Oh yes, so the correct form would be $E_0^2=\sum_{n\neq m} \frac {(<\psi_m^0|V|\psi_0^0>)^2}{E^0_0-E^0_m}$ for the ground state.

This still needs a little fixing up. Your summation notation indicates that $n$ is the summation index, but the index $n$ does not appear in the expression following the summation symbol. Instead, it looks like maybe your expression is for $m$ as the summation index. Anyway, for whatever symbol you take to be the summation index, what particular value of this index is to be excluded in the summation?

So in this question we just need the order of $\epsilon$ which, by speculation, would be $\epsilon^2$ since the 2nd order correction depends on square of the perturbation term!
But how do we ensure its sign?

How does the value of $E^0_0$ compare to any other $E^0_m$?

 

[Baibhab Bose]

This still needs a little fixing up. Your summation notation indicates that $n$ is the summation index, but the index $n$ does not appear in the expression following the summation symbol. Instead, it looks like maybe your expression is for $m$ as the summation index. Anyway, for whatever symbol you take to be the summation index, what particular value of this index is to be excluded in the summation?

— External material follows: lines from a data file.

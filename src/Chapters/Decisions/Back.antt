-- ===== src/Chapters/Decisions/Back.antt =====
-- internal/chapters/backfill.go: a second revert takes the read's chapters back.
use katalog_manager.Base.{ℕ, ◌≡◌, refl, ◌∙◌, true, false, Option, some, List, All}
use katalog_manager.Base.Text.{Text}
use katalog_manager.Chapters.Title.{Chapter, has_chapters, same, written}
use katalog_manager.Chapters.Title.Kept.{AreDistinct, IsClean, written-AreDistinct}
use katalog_manager.Chapters.Read.{Replaced, by_admin, Kept}
use katalog_manager.Chapters.Take.{put, replace}
use katalog_manager.Chapters.Decisions.{done, revert_kept, revert_to, use_undo}

module _ (got : List Chapter) (current : Option ℕ) (by : Text) (now : ℕ) (k : Kept)
    (has : has_chapters k.chapters ≡ true) (given : has_chapters got ≡ true)
    (differ : same k.chapters got ≡ false) where
  revert_to-chapters : (revert_to got current by now k).chapters ≡ written k.ids got
  unfolding revert_to put replace use_undo
  revert_to-chapters = rw has (rw (given, differ) refl)

  revert_to-replaced :
      (revert_to got current by now k).row.replaced
      ≡ some (record { at = now; by = by_admin; source = k.row.rows_source; chapters = k.chapters })
  unfolding revert_to put replace use_undo
  revert_to-replaced = rw has (rw (given, differ) (rw has refl))

revert_kept-undo :
    (current : Option ℕ) (by : Text) (now : ℕ) (k : Kept) (u : Replaced)
    → k.row.replaced ≡ some u
    → has_chapters u.chapters ≡ true
    → revert_kept current by now k ≡ done (revert_to u.chapters current by now k)
unfolding revert_kept
revert_kept-undo current by now k u e h = rw e (rw h refl)

-- A title's chapters, and its chapters kept to undo, which differ from them: where both are some, have
-- clean titles and are in the order of their ordinals and starts, no two with the same of both, a revert
-- puts the kept ones back, and a second one the first again, whatever ids are drawn for them.
pub revert_kept-revert_kept :
    (current later_current : Option ℕ) (by later_by : Text) (now later : ℕ) (k : Kept)
    (u : Replaced)
    → k.row.replaced ≡ some u
    → has_chapters u.chapters ≡ true
    → has_chapters k.chapters ≡ true
    → AreDistinct u.chapters
    → All IsClean u.chapters
    → AreDistinct k.chapters
    → All IsClean k.chapters
    → same k.chapters u.chapters ≡ false
    → same u.chapters k.chapters ≡ false
    → (once : Kept) × (twice : Kept) × (revert_kept current by now k ≡ done once)
      × (once.chapters ≡ u.chapters)
      × (revert_kept later_current later_by later once ≡ done twice)
      × (twice.chapters ≡ k.chapters)
revert_kept-revert_kept current later_current by later_by now later k u e given has ou cu ok ck d
      back_differ =
    let once = revert_to u.chapters current by now k in
    let v : Replaced = record {
      at = now;
      by = by_admin;
      source = k.row.rows_source;
      chapters = k.chapters;
    } in
    let back : once.chapters ≡ u.chapters =
      revert_to-chapters u.chapters current by now k has given d
      ∙ written-AreDistinct k.ids u.chapters ou cu in
    (
      once,
      revert_to k.chapters later_current later_by later once,
      revert_kept-undo current by now k u e given,
      back,
      revert_kept-undo later_current later_by later once v
          (revert_to-replaced u.chapters current by now k has given d) has,
      revert_to-chapters k.chapters later_current later_by later once (rw back given) has
            (rw back back_differ)
          ∙ written-AreDistinct once.ids k.chapters ok ck,
    )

How does the value of $E^0_0$ compare to any other $E^0_m$?

Oh, my bad !
$E_0^2=\sum_{m\neq 0} \frac{(<\psi^0_m|V|\psi^0_0>)^2}{E_0^0-E^0_m}$
Now,
$E_0^0$= unperturbed Ground state Wavefunction's Energy.
$E^0_m$=Unperturbed energy eigenvalue of the higher state wavefunctions, since m index represents states higher than the ground state, $E_0^0-E^0_m$ should be negative, right?

 

[TSny]

Oh, my bad !
$E_0^2=\sum_{m\neq 0} \frac{(<\psi^0_m|V|\psi^0_0>)^2}{E_0^0-E^0_m}$
Now,
$E_0^0$= unperturbed Ground state Wavefunction's Energy.
$E^0_m$=Unperturbed energy eigenvalue of the higher state wavefunctions, since m index represents states higher than the ground state, $E_0^0-E^0_m$ should be negative, right?

Yes.
So, what about the numerators $(<\psi^0_m|V|\psi^0_0>)^2$? Are any of these zero? Could they all be zero?

 

[Baibhab Bose]

There is nothing explicit in this theory which I think indicates that term being zero. So I would say it may/may not be 0?

 

[TSny]

There is nothing explicit in this theory which I think indicates that term being zero. So I would say it may/may not be 0?

Knowing the form of the perturbation and the form of the unperturbed energy eigenstates, you should be able to tell if a particular matrix element $\langle \psi^0_m|V|\psi^0_0 \rangle$ is zero. Hint: Think in terms of even or odd functions about the midpoint of the well.